The abstention in the European elections was enormous enough that it cannot be made up only of all kinds of deniers, who have anyway already found their political expression in monastic-like formations, beeswax-ointment movements, and Aramaic prophecies. Sitting on their couches were political beings: young people grounded in reality, moderate, creative, well-travelled.

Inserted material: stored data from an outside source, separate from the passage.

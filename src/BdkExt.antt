-- ===== src/BdkExt.antt =====
-- examples/bdk_mempool: the scan of a keychain in `update_tx_graph` (src/async_ext.rs) and the
-- anchors of src/lib.rs. `TxGraph` of `bdk_chain` is a parameter, and so is what the client
-- answers for a script.
pub mod Scan
pub mod Gap
pub mod SortedMap
pub mod Chain
pub mod TxGraph
pub mod Client
mod Tests
use mwck_rs.Prelude.{
  ℕ, ◌+◌, ◌%◌, ◌^◌, Bool, true, false, Option, none, some, List, [], ◌∷◌, opt_ltb, if◌then◌else◌,
}
use mwck_rs.Esplora.{ScriptBuf, Txid, TxStatus, Tx}
use mwck_rs.Api.{Result, ok, err}

-- `ConfirmationTimeAnchor`.
pub record ConfirmationTimeAnchor : Type 0 where
  pub anchor_height : ℕ
  pub anchor_hash : ℕ
  pub confirmation_height : ℕ
  pub confirmation_time : ℕ

unfoldable pub anchor_of : Option ℕ → Option ℕ → Option ℕ → Option ConfirmationTimeAnchor
anchor_of (some height) (some hash) (some time) = some (record {
  anchor_height = height;
  anchor_hash = hash;
  confirmation_height = height;
  confirmation_time = time;
})
anchor_of (some height) (some hash) none = none
anchor_of (some height) none time = none
anchor_of none hash time = none

unfoldable pub anchor_from_status : TxStatus → Option ConfirmationTimeAnchor
anchor_from_status status = anchor_of status.block_height status.block_hash status.block_time

-- The calls of `TxGraph`.
pub record Graph (G : Type 0) : Type 0 where
  pub insert_tx : Tx → G → G
  pub insert_anchor : Txid → ConfirmationTimeAnchor → G → G

abbrev pub insert_some_anchor :
    {G : Type 0} → Graph G → Txid → Option ConfirmationTimeAnchor → G → G
insert_some_anchor ops txid none graph = graph
insert_some_anchor ops txid (some anchor) graph = ops.insert_anchor txid anchor graph

-- The `for` loop over the transactions of a script.
unfoldable pub insert_history : {G : Type 0} → Graph G → List Tx → G → G
insert_history ops [] graph = graph
insert_history ops (tx ∷ txs) graph =
    insert_history ops txs
      (insert_some_anchor ops tx.txid (anchor_from_status tx.status) (ops.insert_tx tx graph))

-- `last_active_index.map(|i| i + stop_gap as u32)`.
unfoldable pub gap_end : ℕ → Option ℕ → Option ℕ
gap_end stop_gap none = none
gap_end stop_gap (some i) = some ((i + stop_gap % 2 ^ 32) % 2 ^ 32)

unfoldable pub is_active : List Tx → Bool
is_active [] = false
is_active (tx ∷ txs) = true

-- The loop over the scripts of a keychain: the graph, and `last_active_index`.
unfoldable pub scan :
    {G E : Type 0}
    → Graph G
    → (ScriptBuf → Result E (List Tx))
    → ℕ
    → List (ℕ × ScriptBuf)
    → G
    → Option ℕ
    → Result E (G × Option ℕ)
scan ops confirmed_txs stop_gap [] graph last_active = ok (graph, last_active)
scan ops confirmed_txs stop_gap ((index, spk) ∷ spks) graph last_active = elim (confirmed_txs spk) [
  | err e ↦ err e
  | ok txs ↦
      let last = if is_active txs then some index else last_active in
      let graph' = insert_history ops txs graph in
      let rest = scan ops confirmed_txs stop_gap spks graph' last in
      if opt_ltb (gap_end stop_gap last) (some index) then ok (graph', last) else rest
]
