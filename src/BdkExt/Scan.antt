-- ===== src/BdkExt/Scan.antt =====
-- How far the scan of a keychain looks.
use mwck_rs.Prelude.{
  ℕ, ◌+◌, ◌-◌, ◌^◌, ◌≤◌, ◌<◌, ◌≡◌, refl, ◌∙◌, ap, true, false, Option, none, some, List, [], ◌∷◌,
  arith, opt_ltb, length, if◌then◌else◌, Bool-cases, inl, inr,
}
use mwck_rs.Esplora.{ScriptBuf, Tx}
use mwck_rs.Api.{Result, ok}
use mwck_rs.BdkExt.{Graph, insert_history, gap_end, is_active, scan}

-- `usize::MAX`, the gap of `update_tx_graph_without_keychain`, and its indices of the scripts.
abbrev pub unlimited : ℕ
unlimited = 2 ^ 64 - 1

unfoldable pub enumerate : ℕ → List ScriptBuf → List (ℕ × ScriptBuf)
enumerate i [] = []
enumerate i (spk ∷ spks) = (i, spk) ∷ enumerate (i + 1) spks

module _ {G E : Type 0} (ops : Graph G) (confirmed_txs : ScriptBuf → Result E (List Tx))
    (history : ScriptBuf → List Tx) where
  -- The index of the first script with transactions, or this one.
  unfoldable pub first_active : ℕ → ℕ → List ScriptBuf → ℕ
  first_active other i [] = other
  first_active other i (spk ∷ spks) =
      if is_active (history spk) then i else first_active other (i + 1) spks

  -- What the scan of all scripts finds: the first active script after an active first one.
  unfoldable pub found : List ScriptBuf → Option ℕ
  found [] = none
  found (spk ∷ spks) = if is_active (history spk) then some (first_active 0 1 spks) else none

  abbrev pub IsScanned : Result E (G × Option ℕ) → Option ℕ → Type 0
  IsScanned r last = (graph : G) × (r ≡ ok (graph, last))

  pub scan-step :
      (stop_gap i : ℕ) (spk : ScriptBuf) (spks : List (ℕ × ScriptBuf)) (graph : G)
      (last last' : Option ℕ)
      → confirmed_txs spk ≡ ok (history spk)
      → (if is_active (history spk) then some i else last) ≡ last'
      → scan ops confirmed_txs stop_gap ((i, spk) ∷ spks) graph last ≡ (
          if opt_ltb (gap_end stop_gap last') (some i)
          then ok (insert_history ops (history spk) graph, last')
          else scan ops confirmed_txs stop_gap spks (insert_history ops (history spk) graph) last')
  unfolding scan
  scan-step stop_gap i spk spks graph last last' e l =
      rw (e, scan)
        (ap
          (λ x.
            if opt_ltb (gap_end stop_gap x) (some i)
            then ok (insert_history ops (history spk) graph, x)
            else scan ops confirmed_txs stop_gap spks (insert_history ops (history spk) graph) x)
          l)

  pub scan-nil :
      (stop_gap : ℕ) (graph : G) (last : Option ℕ)
      → scan ops confirmed_txs stop_gap [] graph last ≡ ok (graph, last)
  unfolding scan
  scan-nil stop_gap graph last = refl

  stop-active : (i : ℕ) → 1 ≤ i → i < 2 ^ 32 → opt_ltb (gap_end unlimited (some i)) (some i) ≡ true
  unfolding gap_end
  stop-active i h k = ground arith

  go_on-zero : (i : ℕ) → i < 2 ^ 32 → opt_ltb (gap_end unlimited (some 0)) (some i) ≡ false
  unfolding gap_end
  go_on-zero i k = ground arith

  scan-rest :
      ((spk : ScriptBuf) → confirmed_txs spk ≡ ok (history spk))
      → (i : ℕ) (spks : List ScriptBuf) (graph : G) → 1 ≤ i
      → i + length spks ≤ 2 ^ 32
      → IsScanned
          (scan ops confirmed_txs unlimited (enumerate i spks) graph (some 0))
          (some (first_active 0 i spks))
  unfolding enumerate first_active
  scan-rest h i [] graph one bound = (graph, scan-nil unlimited graph (some 0))
  scan-rest h i (spk ∷ spks) graph one bound = elim (Bool-cases (is_active (history spk))) [
    | inl active ↦ (
      insert_history ops (history spk) graph,
      scan-step unlimited i spk _ graph (some 0) (some i) (h spk) (rw active refl)
          ∙ rw (stop-active i one (omega arith), active) refl,
    )
    | inr idle ↦
        let (g, e) =
          scan-rest h (i + 1) spks (insert_history ops (history spk) graph) (omega arith)
            (omega arith) in
        (
          g,
          scan-step unlimited i spk _ graph (some 0) (some 0) (h spk) (rw idle refl)
              ∙ rw (go_on-zero i (omega arith), idle) e,
        )
  ]

  -- Where the client answers for every script, the scan of at most 2^32 scripts numbered from 0 with
  -- the largest gap reports as the last active index that of the second script with transactions,
  -- whatever follows it, or 0 if only the first script has some; and none, whatever follows, if the
  -- first script has none.
  pub scan-unlimited :
      ((spk : ScriptBuf) → confirmed_txs spk ≡ ok (history spk))
      → (spks : List ScriptBuf) (graph : G) → length spks ≤ 2 ^ 32
      → IsScanned (scan ops confirmed_txs unlimited (enumerate 0 spks) graph none) (found spks)
  unfolding enumerate found gap_end
  scan-unlimited h [] graph bound = (graph, scan-nil unlimited graph none)
  scan-unlimited h (spk ∷ spks) graph bound = elim (Bool-cases (is_active (history spk))) [
    | inl active ↦
        let (g, e) =
          scan-rest h 1 spks (insert_history ops (history spk) graph) (omega arith) (omega arith) in
        (g, scan-step unlimited 0 spk _ graph none (some 0) (h spk) (rw active refl) ∙ rw active e)
    | inr idle ↦ (
      insert_history ops (history spk) graph,
      scan-step unlimited 0 spk _ graph none none (h spk) (rw idle refl) ∙ rw idle refl,
    )
  ]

This positive spirit has been overwhelmed by the feeling of disappointment that pollsters measure. Not because all these people belong to a nation of complainers. But because they have enough experiences and points of reference to know that things are done differently elsewhere. That social prosperity is not identical with welfare-policy handouts – “painkillers” if you are in the opposition, or the “generous packages” announced at the Thessaloniki International Fair if you are in government. That wealth is a product of free creation and not of improper transactions. And that you build your life because of who you are, not because of who you know.
New Democracy believes that this audience belongs to it, and Kyriakos Mitsotakis, as a methodical campaigner, allows the ghost of early elections to hover while at the same time wearing his institutional hat and cultivating the slogan of his pre-election campaign: “Greece of 2030.”
“Give them a sense of perspective,” the imported spin doctor seems to say. Correct. The past says nothing to those who want to live; the present carries the burdens of high prices and corruption; only the future remains, however difficult it may be to convince someone that in the next three years he will do what he did not do in the previous eight.
It is precisely this difficulty, however, that will trap political dialogue once again in its self-referential nature. “Come and vote so that they do not come,” one side will say, because the opposition suffers even more when framed within the package and logic of “me and the others.” “Come and vote so that he leaves,” the opposition will say, because for eight years it has failed to convince people that it possesses an alternative plan for governing.
A political dialogue that is not only self-referential but also toxic is the safest method for making the many on the couch stay at home. To abstain from something that will appear to them as nothing more than a “surrounding stupidity.” Stupidity?
“The Italian computer scientist Alberto Brandolini once formulated the ‘bullshit asymmetry principle,’” says a newspaper addict. “It states that an infinitely greater amount of energy is needed to refute nonsense than to produce it…”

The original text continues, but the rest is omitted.